Active Directory Federation Services (ADFS) is a Single Sign-On solution developed by Microsoft.
It was included in Windows Server OS to provide users with an SSO authenticated access compatible with Integrated Windows Authentication (IWA) through Active Directory (AD).
This tutorial will show you how to configure two of our Thinfinity products with ADFS and OAuth 2.0:
First of all, navigate to your Active Directory Federation Services manager, click on “Application Groups” and then “Add Application Group”.
Then we’ll create a “Server Application”. Which will give us a Client ID and Client Secret.
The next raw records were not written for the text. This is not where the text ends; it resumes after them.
-- ===== src/Control/NodeLaws.antt =====
-- The handlers, for a node that is not in the table.
use crab_rs.Control.Answers.{ret_from_result}
use crab_rs.Prelude.{String, Bool, none, List, ◌≡◌, refl}
use crab_rs.Errors.{error_code}
use crab_rs.Errors.Codes
use crab_rs.Message.{AckMessage}
use crab_rs.Transport.{Transport, Codec}
use crab_rs.Handle.{Handle, Channels}
use crab_rs.Manager.{DashMap, Node, Manager}
use crab_rs.Manager
use crab_rs.Command.Files.{FileMetadata, DirEntry, Cancellation}
use crab_rs.Command.Handlers.{WriteFile}
use crab_rs.Command.Dispatch.{Command}
use crab_rs.Control.Answers.{Ret, ret_error, error}
use crab_rs.Control.Nodes.{
  Pipes, node_info, node_ping, node_remove_dir, node_list_dir, read_node_file, node_write_file,
}

abbrev pub exited : {D : Type 0} → Ret D
exited = ret_error (error_code Codes.node_already_exit)

module _ {W HttpRequest TcpForwardParams NodeHandle Info : Type 0} ⦃t : Transport W⦄
    ⦃ack : Codec AckMessage⦄ (d : DashMap (Node NodeHandle Info))
    (handle_of : NodeHandle → Handle W (Command HttpRequest TcpForwardParams)) (m : Manager d)
    (node_id : String) where
  -- Whatever is asked of a node that is not in the table, the answer is NODE_ALREADY_EXIT, and
  -- nothing else happens.
  pub unknown_node :
      (entries : Codec (List DirEntry)) (metadata : Codec FileMetadata) (pipes : Pipes W)
      (cancel : Cancellation W) (channels : Channels W) (path : String) (dir : Bool)
      (param : WriteFile) (w : W)
      → Manager.get d node_id m ≡ none
      → (node_info d node_id m ≡ exited)
        × (node_ping d handle_of m node_id w ≡ (exited, w))
        × (node_remove_dir d handle_of m node_id path dir w ≡ (exited, w))
        × (node_list_dir d handle_of m node_id entries path w ≡ (exited, w))
        × (read_node_file d handle_of m node_id pipes metadata path w ≡ (error exited, w))
        × (node_write_file d handle_of m node_id pipes cancel channels param w ≡ (exited, w))
  unfolding node_info node_ping node_remove_dir node_list_dir read_node_file node_write_file
      ret_error ret_from_result
  unknown_node entries metadata pipes cancel channels path dir param w gone =
      (rw gone refl, rw gone refl, rw gone refl, rw gone refl, rw gone refl, rw gone refl)
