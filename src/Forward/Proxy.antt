-- ===== src/Forward/Proxy.antt =====
-- http.rs: the handler of an HTTP request, and the caller that has one sent by another node.
use crab_rs.Prelude.{ℕ, String, Result, ok, err}
use crab_rs.Prelude.Io.{act, Io, pure, raise, lift, from, attempt, match_on, ◌>>=◌, ◌>>◌}
use crab_rs.Errors.{CrabError, error_code, io}
use crab_rs.Errors.Codes
use crab_rs.Message.{AckMessage, success}
use crab_rs.Transport.{Transport, Codec}
use crab_rs.Stream.{read_message, write_message, write_error}
use crab_rs.Tasks.{Sender, send_or, send_ignored}
use crab_rs.Handle.{Handle, Channels}
use crab_rs.Http.{HttpRequest, HttpResponse, RequestBuilder, Incoming, make_request, request}
use crab_rs.Command.Files.{Cancellation}
use crab_rs.Command.Handlers.{Handler, or_cancelled}

-- The client of hyper. The body of a request is what is still to be read from the stream.
pub record HttpService (W : Type 0) : Type 1 where
  pub Body : Type 0
  pub Request : Type 0
  pub builder : RequestBuilder Body Request
  pub stream_body : Body
  pub send : Request → Io String W (Incoming Body)
  -- `io::copy` of a response's body to the stream, with the shutdown of the stream
  pub copy_body : Body → Io String W ℕ

module _ {W : Type 0} ⦃t : Transport W⦄ ⦃ack : Codec AckMessage⦄ (cancel : Cancellation W)
    (responses : Codec HttpResponse) where
  -- `HttpRequest::handle`
  unfoldable pub handle_http_request : HttpService W → HttpRequest → Handler W
  handle_http_request service this h = do
    req ←
        match_on (lift (make_request service.builder this service.stream_body))
          (λ req. do write_message ack h.method h.option success; pure req)
          (λ e. do write_error h.method h.option e; raise e)
    resp ← or_cancelled cancel (attempt (request service.send req))
    body ←
        match_on (lift resp)
          (λ (resp, body). do write_message responses h.method h.option resp; pure body)
          (λ e. do write_error h.method h.option e; raise e)
    or_cancelled cancel (do from io (service.copy_body body); pure tt)

  -- `do_http_request_proxy`. The request's body is copied by a task of its own, which is started and,
  -- at the end, waited for; the response's body goes to a pipe of the world.
  unfoldable pub do_http_request_proxy :
      (W → W)
      → Io String W ℕ
      → (W → W)
      → Sender W (Result CrabError HttpResponse)
      → Io CrabError W (Unit {0})
  do_http_request_proxy start_body copy_response wait_body resp_writer = do
    act start_body
    match_on (read_message responses)
        (λ (_, resp). send_or (error_code Codes.canceled_error) resp_writer (ok resp))
        (λ e. do send_ignored resp_writer (err e); raise (error_code Codes.canceled_error))
    or_cancelled cancel (from io copy_response)
    act wait_body

  -- `HttpForwarder for Handle`; `command` makes the command from the request.
  unfoldable pub http_proxy :
      {Command : Type 0}
      → (HttpRequest → Command)
      → Handle W Command
      → Channels W
      → (W → W)
      → Io String W ℕ
      → (W → W)
      → HttpRequest
      → Io CrabError W HttpResponse
  unfolding do_http_request_proxy
  http_proxy command h channels start_body copy_response wait_body req = do
    (ret_tx, ret_rx) ← λ w. let (ends, w') = channels.oneshot w in (ok ends, w')
    h.spawn (command req) (do_http_request_proxy start_body copy_response wait_body ret_tx)
    answer ← from (λ _. error_code Codes.canceled_error) ret_rx
    lift answer
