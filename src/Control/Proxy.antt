-- ===== src/Control/Proxy.antt =====
-- ctrl.rs: the handler that has a request sent by a node.
--
-- The crate `url` is taken as an interface, as is the body of the request.
use crab_rs.Prelude.{
  ℕ, String, Option, none, some, List, [], ◌∷◌, Bool, ◌||◌, Result, ok, err, map_err, and_then,
  str_eq, if◌then◌else◌,
}
use crab_rs.Prelude.Io.{Io}
use crab_rs.Errors.{CrabError, error_code, error_code_with_message}
use crab_rs.Errors.Codes
use crab_rs.Message.{AckMessage}
use crab_rs.Transport.{Transport, Codec}
use crab_rs.Handle.{Handle, Channels}
use crab_rs.Manager.{DashMap, Node, Manager}
use crab_rs.Manager
use crab_rs.Http.{try_from, Headers, HttpRequest, HttpResponse, text_header}
use crab_rs.Command.Files.{Cancellation}
use crab_rs.Forward.Proxy.{http_proxy}
use crab_rs.Control.Answers.{ProxyResponse}

pub record Urls : Type 1 where
  pub Url : Type 0
  pub parse : String → Result String Url
  pub join : Url → String → Result String Url
  pub set_query : String → Url → Url
  pub to_string : Url → String

-- `axum::http::Request`, with its headers as they are iterated; a value that is no text is `none`.
pub record Request : Type 0 where
  pub method : String
  pub query : Option String
  pub headers : List (String × Option String)

abbrev pub header_x_target_host : String
header_x_target_host = "x-target-host"

abbrev pub header_host : String
header_host = "host"

-- The first value of a header, if that is a text.
pub get_text : String → List (String × Option String) → Option String
get_text name [] = none
get_text name ((k, v) ∷ headers) =
    let rest = get_text name headers in if str_eq k name then v else rest

unfoldable pub is_excluded : String → Bool
is_excluded k = str_eq k header_x_target_host || str_eq k header_host

unfoldable pub forwarded_headers : List (String × Option String) → Headers
unfolding is_excluded
forwarded_headers [] = []
forwarded_headers ((k, v) ∷ headers) =
    let rest = forwarded_headers headers in
    if is_excluded k then rest else text_header (k, v) ∷ rest

abbrev pub bad_request : String → ℕ × CrabError
bad_request e = (400, error_code_with_message 400 e)

module _ (u : Urls) where
  parse_target : Option String → Result (ℕ × CrabError) u.Url
  parse_target none = err (400, error_code Codes.bad_parameter)
  parse_target (some target_url) = map_err bad_request (u.parse target_url)

  join_path : Option String → u.Url → Result (ℕ × CrabError) u.Url
  join_path none url = ok url
  join_path (some path) url = map_err bad_request (u.join url path)

  with_query : Option String → u.Url → u.Url
  with_query none url = url
  with_query (some query) url = u.set_query query url

  -- The request that the node shall send, or the status and the error of a bad one.
  unfoldable pub forwarded_request : Option String → Request → Result (ℕ × CrabError) HttpRequest
  unfolding parse_target join_path with_query get_text forwarded_headers
  forwarded_request target_path req =
      and_then (parse_target (get_text header_x_target_host req.headers)) λ target.
        and_then (join_path target_path target) λ joined.
          let url = with_query req.query joined in
          and_then (map_err (λ _. (400, error_code Codes.unsupported_error)) (try_from req.method))
            λ method. ok (record {
              method = method;
              request_uri = u.to_string url;
              headers = forwarded_headers req.headers;
            })

  module _ {W NodeHandle Info Command : Type 0} ⦃t : Transport W⦄ ⦃ack : Codec AckMessage⦄
      (d : DashMap (Node NodeHandle Info)) (handle_of : NodeHandle → Handle W Command)
      (cancel : Cancellation W) (responses : Codec HttpResponse) (command : HttpRequest → Command)
      (channels : Channels W) (start_body : W → W) (copy_response : Io String W ℕ)
      (wait_body : W → W) where
    bad_gateway : Result CrabError HttpResponse × W → ProxyResponse × W
    bad_gateway (r, w) = (map_err (λ e. (502, e)) r, w)

    unfoldable pub send_through : Option (NodeHandle × Info) → HttpRequest → W → ProxyResponse × W
    unfolding bad_gateway
    send_through none req w = (err (502, error_code Codes.node_already_exit), w)
    send_through (some (handle, _)) req w = bad_gateway (
        http_proxy cancel responses command (handle_of handle) channels start_body copy_response
          wait_body req w)

    proxy : Option (NodeHandle × Info) → Result (ℕ × CrabError) HttpRequest → W → ProxyResponse × W
    unfolding send_through
    proxy found (err e) w = (err e, w)
    proxy found (ok req) w = send_through found req w

    -- `http_proxy`, with the table as it is when the node is looked up
    unfoldable pub handle_proxy :
        Manager d → String → Option String → Request → W → ProxyResponse × W
    unfolding proxy forwarded_request
    handle_proxy m node_id target_path req =
        proxy (Manager.get d node_id m) (forwarded_request target_path req)
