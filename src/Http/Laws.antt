-- ===== src/Http/Laws.antt =====
-- Which methods the text of a request's method gives.
use crab_rs.Prelude.{String, ok, ◌≡◌, ◌≢◌, ◌↔◌, refl, arith, eq_iff}
use crab_rs.Http.{
  HttpMethod, options, get, post, put, delete, head, trace, connect, patch, hyper_method, try_from,
}

-- The name of a method is taken back for that method just if the method is not OPTIONS.
pub try_from-hyper_method : (m : HttpMethod) → (try_from (hyper_method m) ≡ ok m) ↔ (m ≢ options)
unfolding try_from hyper_method
try_from-hyper_method options = (λ h. cc, λ h. absurd (h refl))
try_from-hyper_method get = (λ _ h. cc, λ _. refl)
try_from-hyper_method post = (λ _ h. cc, λ _. refl)
try_from-hyper_method put = (λ _ h. cc, λ _. refl)
try_from-hyper_method delete = (λ _ h. cc, λ _. refl)
try_from-hyper_method head = (λ _ h. cc, λ _. refl)
try_from-hyper_method trace = (λ _ h. cc, λ _. refl)
try_from-hyper_method connect = (λ _ h. cc, λ _. refl)
try_from-hyper_method patch = (λ _ h. cc, λ _. refl)

-- A text that is taken for a method is the method's name.
pub hyper_method-try_from :
    (value : String) (m : HttpMethod) → try_from value ≡ ok m → hyper_method m ≡ value
unfolding try_from hyper_method
hyper_method-try_from value m h = ground (
  arith,
  eq_iff value "GET",
  eq_iff value "POST",
  eq_iff value "PUT",
  eq_iff value "DELETE",
  eq_iff value "HEAD",
  eq_iff value "TRACE",
  eq_iff value "CONNECT",
  eq_iff value "PATCH",
)
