-- ===== src/Control/ProxyLaws.antt =====
-- What the proxy forwards, and the errors that it answers.
use crab_rs.Prelude.{
  ℕ, String, Option, none, some, List, [], ◌∷◌, ◌++◌, All, ok, err, ◌≡◌, ◌≢◌, ◌⊎◌, Result-cases,
  inl, inr, refl, sym, subst, ap, ◌∙◌, arith, eq_iff,
}
use crab_rs.Prelude.Io.{Io}
use crab_rs.Errors.{CrabError}
use crab_rs.Message.{AckMessage}
use crab_rs.Transport.{Transport, Codec}
use crab_rs.Handle.{Handle, Channels}
use crab_rs.Manager.{DashMap, Node, Manager}
use crab_rs.Manager
use crab_rs.Http.{HttpMethod, hyper_method, try_from, HttpRequest, HttpResponse, text_header}
use crab_rs.Http.Laws.{hyper_method-try_from}
use crab_rs.Command.Files.{Cancellation}
use crab_rs.Control.Answers.{ProxyResponse}
use crab_rs.Control.Proxy.{
  Urls, Request, forwarded_headers, forwarded_request, is_excluded, send_through, handle_proxy,
}

-- A header's name is neither that of the target nor that of the host.
abbrev pub IsForwarded : String × String → Type 0
IsForwarded kv = (kv.0 ≢ "x-target-host") × (kv.0 ≢ "host")

forwarded_headers-IsForwarded :
    (headers : List (String × Option String)) → All IsForwarded (forwarded_headers headers)
unfolding forwarded_headers is_excluded
forwarded_headers-IsForwarded [] = tt
forwarded_headers-IsForwarded ((k, v) ∷ headers) =
    ground (arith, eq_iff k "x-target-host", eq_iff k "host", forwarded_headers-IsForwarded headers)

forwarded_headers-append :
    (before after : List (String × Option String))
    → forwarded_headers (before ++ after) ≡ forwarded_headers before ++ forwarded_headers after
unfolding forwarded_headers
forwarded_headers-append [] after = refl
forwarded_headers-append ((k, v) ∷ before) after =
    ground (arith, forwarded_headers-append before after)

forwarded_headers-keeps :
    (k : String) (v : Option String) (headers : List (String × Option String))
    → IsForwarded (k, "")
    → forwarded_headers ((k, v) ∷ headers) ≡ text_header (k, v) ∷ forwarded_headers headers
unfolding forwarded_headers is_excluded
forwarded_headers-keeps k v headers (a, b) =
    ground (arith, eq_iff k "x-target-host", eq_iff k "host")

options_refused : (m : HttpMethod) → try_from "OPTIONS" ≢ ok m
unfolding try_from
options_refused m e = cc

module _ (u : Urls) (target_path : Option String) (req : Request) where
  taken :
      (r : HttpRequest)
      → forwarded_request u target_path req ≡ ok r
      → (try_from req.method ≡ ok r.method) × (r.headers ≡ forwarded_headers req.headers)
  unfolding forwarded_request
  taken r e = ground arith

  -- A request that is forwarded keeps the method, leaves out the headers `x-target-host` and `host`,
  -- and has every other header, one whose value is no text as blank, in the place where it was.
  pub forwarded_request-eq-ok :
      (r : HttpRequest)
      → forwarded_request u target_path req ≡ ok r
      → (hyper_method r.method ≡ req.method)
        × All IsForwarded r.headers
        × ((before after : List (String × Option String)) (k : String) (v : Option String)
            → req.headers ≡ before ++ (k, v) ∷ after
            → IsForwarded (k, "")
            → r.headers ≡ forwarded_headers before ++ text_header (k, v) ∷ forwarded_headers after)
  unfolding forwarded_request
  forwarded_request-eq-ok r e =
      let (m, same) = taken r e in
      (
        hyper_method-try_from req.method r.method m,
        subst (All IsForwarded) (sym same) (forwarded_headers-IsForwarded req.headers),
        λ before after k v split kept.
            same
            ∙ ap forwarded_headers split
            ∙ forwarded_headers-append before ((k, v) ∷ after)
            ∙ ap (λ hs. forwarded_headers before ++ hs) (forwarded_headers-keeps k v after kept),
      )

  -- Every refusal has the status 400.
  forwarded_request-eq-err :
      (status : ℕ) (e : CrabError)
      → forwarded_request u target_path req ≡ err (status, e)
      → status ≡ 400
  unfolding forwarded_request
  forwarded_request-eq-err status e h = ground arith

  -- The method OPTIONS is refused.
  forwarded_request-options :
      req.method ≡ "OPTIONS"
      → (e : CrabError) × (forwarded_request u target_path req ≡ err (400, e))
  forwarded_request-options h = elim (Result-cases (forwarded_request u target_path req)) [
    | inl (r, e) ↦ absurd (options_refused r.method (ap try_from (sym h) ∙ (taken r e).0))
    | inr ((status, e), r) ↦ (e, r ∙ ap (λ n. err (n, e)) (forwarded_request-eq-err status e r))
  ]

same_status :
    {n status : ℕ} {e e' : CrabError}
    → ◌≡◌ {A = ProxyResponse} (err (n, e)) (err (status, e'))
    → n ≡ status
same_status h = cc

module _ (u : Urls) {W NodeHandle Info Command : Type 0} ⦃t : Transport W⦄ ⦃ack : Codec AckMessage⦄
    (d : DashMap (Node NodeHandle Info)) (handle_of : NodeHandle → Handle W Command)
    (cancel : Cancellation W) (responses : Codec HttpResponse) (command : HttpRequest → Command)
    (channels : Channels W) (start_body : W → W) (copy_response : Io String W ℕ) (wait_body : W → W)
    (m : Manager d) (node_id : String) (target_path : Option String) (req : Request) (w : W) where
  abbrev handled : ProxyResponse × W
  handled =
      handle_proxy u d handle_of cancel responses command channels start_body copy_response
        wait_body m node_id target_path req w

  send_through-eq-err :
      (found : Option (NodeHandle × Info)) (r : HttpRequest) (status : ℕ) (e : CrabError)
      → (send_through u d handle_of cancel responses command channels start_body copy_response
          wait_body found r w).0
        ≡ err (status, e)
      → status ≡ 502
  unfolding send_through
  send_through-eq-err none r status e h = ground arith
  send_through-eq-err (some (handle, _)) r status e h = ground arith

  -- An error that the proxy answers has the status 400, and then no node was asked and nothing was
  -- done, or the status 502.
  pub handle_proxy-eq-err :
      (status : ℕ) (e : CrabError)
      → handled.0 ≡ err (status, e)
      → ((status ≡ 400) × (handled.1 ≡ w)) ⊎ (status ≡ 502)
  unfolding handle_proxy
  handle_proxy-eq-err status e h = elim (Result-cases (forwarded_request u target_path req)) [
    | inl (r, good) ↦ inr (send_through-eq-err (Manager.get d node_id m) r status e (rw good at h))
    | inr ((n, e'), bad) ↦
        let run : handled ≡ (err (n, e'), w) = rw bad refl in
        let same : n ≡ status = same_status (sym (ap (λ p. p.0) run) ∙ h) in
        inl (sym same ∙ forwarded_request-eq-err u target_path req n e' bad, ap (λ p. p.1) run)
  ]

  -- A request with the method OPTIONS is refused with the status 400, and nothing is done.
  pub handle_proxy-options :
      req.method ≡ "OPTIONS" → (e : CrabError) × (handled ≡ (err (400, e), w))
  unfolding handle_proxy
  handle_proxy-options h =
      let (e, refused) = forwarded_request-options u target_path req h in (e, rw refused refl)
Give it a name and in the Redirect URI field, type in the URL used to connect to Thinfinity and, for testing purposes, add a “ /OAuth “ at the end of the URL, as shown below :
Click on “Add” and then “Next”.
In this next window, click on “Generate a shared secret” and save the secret for future use.
Then click “Next” -> “Next” -> “Complete”
Now we need to add a new application, in the case a “Web API” one.
Click again on “Add Application”, select “Web API” and click on “Next”
We need to give it an identifier name, in this case, for testing purposes, we are going to use
“ urn: Cybelesoft.Application.VirtualUI “
Then click “Next” -> “Next” -> “Complete”
Now we need to modify that Web API we generated, and add a Rule with claims on it:
In this case, we are going to use the User Principal Name or “UPN” for the claim:
Click on “Finish” and then “Apply”.
Now we need to configure Thinfinity with all the information we configured on ADFS side.
Open the Thinfinity Server Manager and navigate to the “Authentication” tab.
Then click on “Add”->”OAuth 2.0”->”Other”:
Over here we have two different fields, ClientID, and Client Secret:
ClientID = Client Identifier configured on the Native Application side of AD FS.
Client Secret = Shared Secret generated on AD FS.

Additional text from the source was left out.